The story is structured around Henry’s picaresque, Huck Finn-like journey, which begins in his bleak Kansas home and encompasses a lively sojourn with Frederick Douglass (Daveed Diggs) in upstate New York, an encounter with Harriet Tubman (Zainab Jah) on a trip to recruit fighters in Canada, and the crushing but historically pivotal debacle at Harpers Ferry, which helped bring about the Civil War.
(In addition to being a coming-of-age adventure and a smart, tart examination of racial oppression and guilty consciences on all sides, “The Good Lord Bird” is a handsome costume drama that engages with the real history of Brown’s campaign and the events at the armory, which occupy most of the final three episodes. But while many actual people and incidents are incorporated, the show takes great liberties in how it presents them, in ways that might make strict historians uneasy.)
Henry’s progress sometimes takes him away from Brown, and while Johnson has a scrappy, appealing presence, the show goes a little flat whenever Hawke isn’t onscreen. Brown is a figure whose intentions, importance and sanity are still up for debate. Hawke, accelerating without notice into passionate sermons or welling into sentimental tears, cuts through the contradictions by emphasizing a theatricality that doesn’t undermine Brown’s sincerity but is inextricable from it. Brown’s deep religious and humanist convictions, operating on his unquiet mind, force themselves out in an irresistible fervor, and Hawke puts it across with passion and without winking condescension.
Diggs is also commanding, and hilarious, making the abolitionist and 19th-century media star Douglass — in Henry’s eyes the villain of the piece for his realpolitik refusal to fully back Brown — both mesmerizingly eloquent and comically vainglorious. “The Good Lord Bird” is studded with sharp, small performances, including Wyatt Russell (of “Lodge 49”) as the chivalrous J.E.B. Stuart, Orlando Jones as an ill-fated railroad porter and Brooks Ashmanskas as a descendant of George Washington taken hostage by Brown’s raiders.
Crystal Lee Brown (“Black Lightning”) is particularly affecting in a few scenes as Sibonia, a slave whose form of passing is to pretend to be mentally disturbed.
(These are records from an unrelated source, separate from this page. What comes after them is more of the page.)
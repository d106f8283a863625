-- ===== src/Cam/Busy.antt =====
-- The semaphore that keeps transfers apart.
use tuxbox_git_driver.Common.{
  ℕ, ◌+◌, ◌-◌, ◌<◌, ◌≡◌, inl, inr, refl, arith, List, [], ◌∷◌, Bool, true, false, not, ltb,
  if◌then◌else◌, Option, none, some, get_or, ◌%◌, ◌==◌, take, Bool-cases,
}
use tuxbox_git_driver.Common.Int.{ℤ}
use tuxbox_git_driver.Kernel.{enodev}
use tuxbox_git_driver.Cam.{
  Cam, Bus, is_caid_request, up, put_byte, put_bytes, queue_message, write_message, caid_answer,
  handle, receive, task,
}

put_bytes_busy : (bs : List ℕ) (c : Cam) → (put_bytes bs c).busy ≡ c.busy
unfolding put_bytes put_byte
put_bytes_busy [] c = refl
put_bytes_busy (b ∷ bs) c = put_bytes_busy bs (put_byte b c)

queue_message_busy :
    (buffer : List ℕ) (len : ℕ) (c : Cam) → (queue_message buffer len c).busy ≡ c.busy
unfolding queue_message put_byte
queue_message_busy buffer len c = ground (arith, put_bytes_busy (take len buffer) (put_byte 0x6f c))

-- With the semaphore raised, a message is sent, or refused without a client.
write_message_raised :
    (bus : Bus) (signal : Bool) (bytes : List ℕ) (c : Cam)
    → 0 < c.busy
    → (res : ℤ) × (c' : Cam) × (write_message bus signal bytes c ≡ some (res, c'))
      × (c'.busy ≡ c.busy)
unfolding write_message
write_message_raised bus signal bytes c h =
    let free : ltb 0 c.busy ≡ true = ground arith in
    elim (Bool-cases c.attached) [
      | inl e ↦ (bus.send bytes, record c { queuewptr = c.queuerptr }, rw (e, free) refl, refl)
      | inr e ↦ (enodev, c, rw e refl, refl)
    ]

-- The part of cam_task behind its receives ends, whatever the state and whether a signal comes. A
-- message that is no request of the CAID raises the semaphore once, a request raises it twice.
pub handle_busy :
    (bus : Bus) (signal : Bool) (buffer : List ℕ) (len : ℕ) (c : Cam)
    → (c' : Cam) × (handle bus signal buffer len c ≡ some c')
      × (c'.busy ≡ (if is_caid_request buffer then c.busy + 2 else c.busy + 1))
unfolding handle
handle_busy bus signal buffer len c = elim (Bool-cases (is_caid_request buffer)) [
  | inl e ↦
      let (res, c', sent, kept) =
        write_message_raised bus signal (caid_answer buffer) (up c) (omega arith) in
      (up c', rw (e, sent) refl, rw e (omega (arith, kept)))
  | inr e ↦ (
    up (queue_message buffer len c),
    rw e refl,
    rw e (omega (arith, queue_message_busy buffer len c)),
  )
]

-- The message that a task handles: the last one it receives. There is none where a transfer gives less
-- than it is asked for: the header of two bytes, the message, whose length the header tells, or the
-- message once more, where it tells another length.
abbrev pub message : Bus → Option (List ℕ)
message bus =
    let (got, head) = bus.recv 0 2 in
    let len = get_or head 1 0 % 128 in
    let (got₁, first) = bus.recv 1 (len + 3) in
    let len' = get_or first 1 0 % 128 in
    let (got₂, second) = bus.recv 2 (len' + 3) in
    if not (got == 2)
    then none
    else if not (got₁ == len + 3)
    then none
    else if len' == len
    then some first
    else if got₂ == len' + 3
    then some second
    else none

-- How often the semaphore is raised beyond what the task took: once where a request of the CAID is
-- answered.
abbrev pub raised_for : Option (List ℕ) → ℕ
raised_for none = 0
raised_for (some buffer) = if is_caid_request buffer then 1 else 0

-- A run that ends, with the semaphore at `n` and what its message raises it by.
abbrev pub Ends : ℕ → Option (List ℕ) → Option Cam → Type 0
Ends n m run = (c' : Cam) × (run ≡ some c') × (c'.busy ≡ n + raised_for m)

either_way :
    (n : ℕ) (b : Bool) (m m' : Option (List ℕ)) {x y : Option Cam}
    → Ends n m x
    → Ends n m' y
    → Ends n (if b then m else m') (if b then x else y)
either_way n true m m' p q = p
either_way n false m m' p q = q

handle-Ends :
    (bus : Bus) (signal : Bool) (buffer : List ℕ) (len : ℕ) (c : Cam)
    → Ends (c.busy + 1) (some buffer) (handle bus signal buffer len c)
handle-Ends bus signal buffer len c =
    let (c', e, busy) = handle_busy bus signal buffer len c in
    (
      c',
      e,
      elim (Bool-cases (is_caid_request buffer)) [
        | inl t ↦ rw t (omega (arith, rw t at busy))
        | inr f ↦ rw f (omega (arith, rw f at busy))
      ],
    )

receive-Ends :
    (bus : Bus) (signal : Bool) (c : Cam) → Ends (c.busy + 1) (message bus) (receive bus signal c)
unfolding receive
receive-Ends bus signal c =
    let (got, head) = bus.recv 0 2 in
    let n = get_or head 1 0 % 128 in
    let (got₁, buffer₁) = bus.recv 1 (n + 3) in
    let n' = get_or buffer₁ 1 0 % 128 in
    let (got₂, buffer₂) = bus.recv 2 (n' + 3) in
    let given : Ends (c.busy + 1) none (some (up c)) = (up c, refl, omega arith) in
    let second = if got₂ == n' + 3 then some buffer₂ else none in
    let first = if n' == n then some buffer₁ else second in
    let all = if not (got₁ == n + 3) then none else first in
    either_way (c.busy + 1) (not (got == 2)) none all given (
      either_way (c.busy + 1) (not (got₁ == n + 3)) none first given (
        either_way (c.busy + 1) (n' == n) (some buffer₁) second
          (handle-Ends bus signal buffer₁ (n + 3) c)
          (either_way (c.busy + 1) (got₂ == n' + 3) (some buffer₂) none
            (handle-Ends bus signal buffer₂ (n' + 3) c) given)))

-- A run of cam_task that gets the semaphore ends. It leaves the semaphore raised once more than it found
-- it where the message it handles is a request of the CAID, and as it found it on every other path: an
-- ordinary message, queued or not, and a transfer that fails.
pub task_busy :
    (bus : Bus) (signal : Bool) (c : Cam)
    → 0 < c.busy
    → (c' : Cam) × (task bus signal c ≡ some c') × (c'.busy ≡ c.busy + raised_for (message bus))
unfolding task
task_busy bus signal c h =
    let taken : ltb 0 c.busy ≡ true = ground arith in
    let back : c.busy - 1 + 1 ≡ c.busy = omega arith in
    let run = receive-Ends bus signal (record c { busy = c.busy - 1 }) in rw taken (rw back at run)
Her short arc ends, in the second episode (directed by Hooks), in one of the show’s most powerful scenes, a quiet spasm of violence set to Nina Simone’s cover of “I Shall Be Released” in which the horrors of the American situation are reflected in the varied expressions of the onlookers.
If “The Good Lord Bird” is not as explicit in its affirmations or condemnations as some viewers would like, that’s a point in its favor. It’s equally the story of Henry Shackleford and of John Brown, of Black suffering and forbearance and of white guilt and redemption; as Henry says of Brown to a white character, “He ain’t going to save us, he’s trying to save you.” The series, with verve and intelligence, gets as much of that in as it can.